A bun having fun in the sun. Ellie at the beach.



















1 - under the tent.
2 - will I go for a swim ?
3 - think I'll just clean instead.
4 - or just pose for camera.
5 - so tired, sleepy time.


----------



## Dragonkaz (Apr 19, 2011)

Outstanding bunny ... outstanding photos!

I received a text from my daughter last Friday morning to say the Easer bunny was in her back yard.  She'd found a bunny (pet) playing on the grass outside her fence, so had encouraged it in, as she lives close to a busy Sydney road.  She gave her cuddles and food and put adverts around the area she lived.  Luckily her moodle didn't mind Easter and the two were happy until today, when finally Easter was claimed by some people who lived a few houses away.


----------



## Traceyann (Apr 19, 2011)

OMG did u seriously take your bunny to the beach lol :shock: ....I have heard of people taking their GPS on holidays too.......Lucky bunny !!!!! Hope he had sun screen on lol, u know that white skin burns lmao


----------



## agriffin (Apr 19, 2011)

That is seriously the cutest thing in the world!! And you got such great pics!!


----------



## krissy (Apr 19, 2011)

that is super cute! i am scared of bunnies though. i mean i like to look at them and pet their backs, but i am afraid they will bite me. lol


----------



## soapbuddy (Apr 19, 2011)

Awwww!
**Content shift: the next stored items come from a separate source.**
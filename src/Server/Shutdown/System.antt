-- ===== src/Server/Shutdown/System.antt =====
-- `serve` of src/server.rs: the accept loop, the stop signal and the set of tasks.
use pywire.Base.{◌≡◌, Bool, true, false, List, [], ◌∷◌, ◌++◌, ℕ, ◌+◌}
use pywire.Query.Response.{Py}
use pywire.Server.Shutdown.{Task, serving, cleaning, over, Move, spawned, clean_up, call_of}

-- `loop`; `while connections.join_next()`; and the two ends: with `Ok`, or with the error of the
-- listener, of the stop event or of `build`.
pub data ServePhase : Type 0 where
  accepting draining returned failed : ServePhase

-- `connections` are the tasks of the `JoinSet`, `joined` those that were taken out of it, `stop` is
-- the value of `stop_connections`, and `accepted` counts the connections.
pub record Server : Type 0 where
  pub phase : ServePhase
  pub stop : Bool
  pub connections : List Task
  pub joined : List Task
  pub accepted : ℕ

abbrev pub listening : Server
listening = record { phase = accepting; stop = false; connections = []; joined = []; accepted = 0 }

-- The loop still joins tasks, before and after the stop signal.
abbrev pub joins : ServePhase → Bool
joins accepting = true
joins draining = true
joins returned = false
joins failed = false

-- Dropping the `JoinSet` aborts a task wherever it is. The last reference to its `PythonPortals`
-- goes with it, and `drop` spawns the cleanup; a cleanup that is running was spawned on its own and
-- goes on.
unfoldable pub abort : (Py → Bool) → Task → Task
unfolding clean_up
abort has_close t = elim t.phase [
  | serving p ↦ clean_up has_close t (call_of p)
  | cleaning cs ↦ t
  | over ↦ t
]

unfoldable pub abort_all : (Py → Bool) → List Task → List Task
unfolding abort
abort_all has_close [] = []
abort_all has_close (t ∷ ts) = abort has_close t ∷ abort_all has_close ts

pub data Step (has_close : Py → Bool) (s : Server) : Server → Type 0 where
  accept :
      s.phase ≡ accepting
      → Step has_close s
          (record s { connections = spawned ∷ s.connections; accepted = s.accepted + 1 })
  move :
      (before after : List Task) (t u : Task)
      → s.connections ≡ before ++ (t ∷ after)
      → Move has_close s.stop t u
      → Step has_close s (record s { connections = before ++ (u ∷ after) })
  join :
      (before after : List Task) (t : Task)
      → joins s.phase ≡ true
      → s.connections ≡ before ++ (t ∷ after)
      → t.phase ≡ over
      → Step has_close s (record s { connections = before ++ after; joined = t ∷ s.joined })
  -- The stop event: the listener is dropped and `stop_connections` set.
  shutdown : s.phase ≡ accepting → Step has_close s (record s { phase = draining; stop = true })
  return :
      s.phase ≡ draining → s.connections ≡ [] → Step has_close s (record s { phase = returned })
  fail :
      s.phase ≡ accepting
      → Step has_close s
          (record s { phase = failed; connections = abort_all has_close s.connections })

pub data Reach (has_close : Py → Bool) : Server → Type 0 where
  start : Reach has_close listening
  later : {s u : Server} → Reach has_close s → Step has_close s u → Reach has_close u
He looks so cute!


----------



## kelleyaynn (Apr 19, 2011)

What a lucky bunny!  I wish I was at that beach....!


----------



## Relle (Apr 19, 2011)

Kaz, bunnies tend to wonder, I worry to if they'll get run over. At least the owners picked the bun back up.

Krissy,its a shame your scared they'll bite, better safe than sorry. I had a little boy pating her at the beach but keep an eye on things just in case.

The pics turned out great and she loved it, wasn't scared at all, I thought she'd like to dig in the sand and she did.

Yep, did take her to the beach, not a very busy beach though, (it was on the edge of Botany Bay) no sunscreen    she sat under the cancer council tent  8) most of the time, as long as she could see me in the water she was happy and I took food too.I was going to put her in for a swim ,but thought better of it.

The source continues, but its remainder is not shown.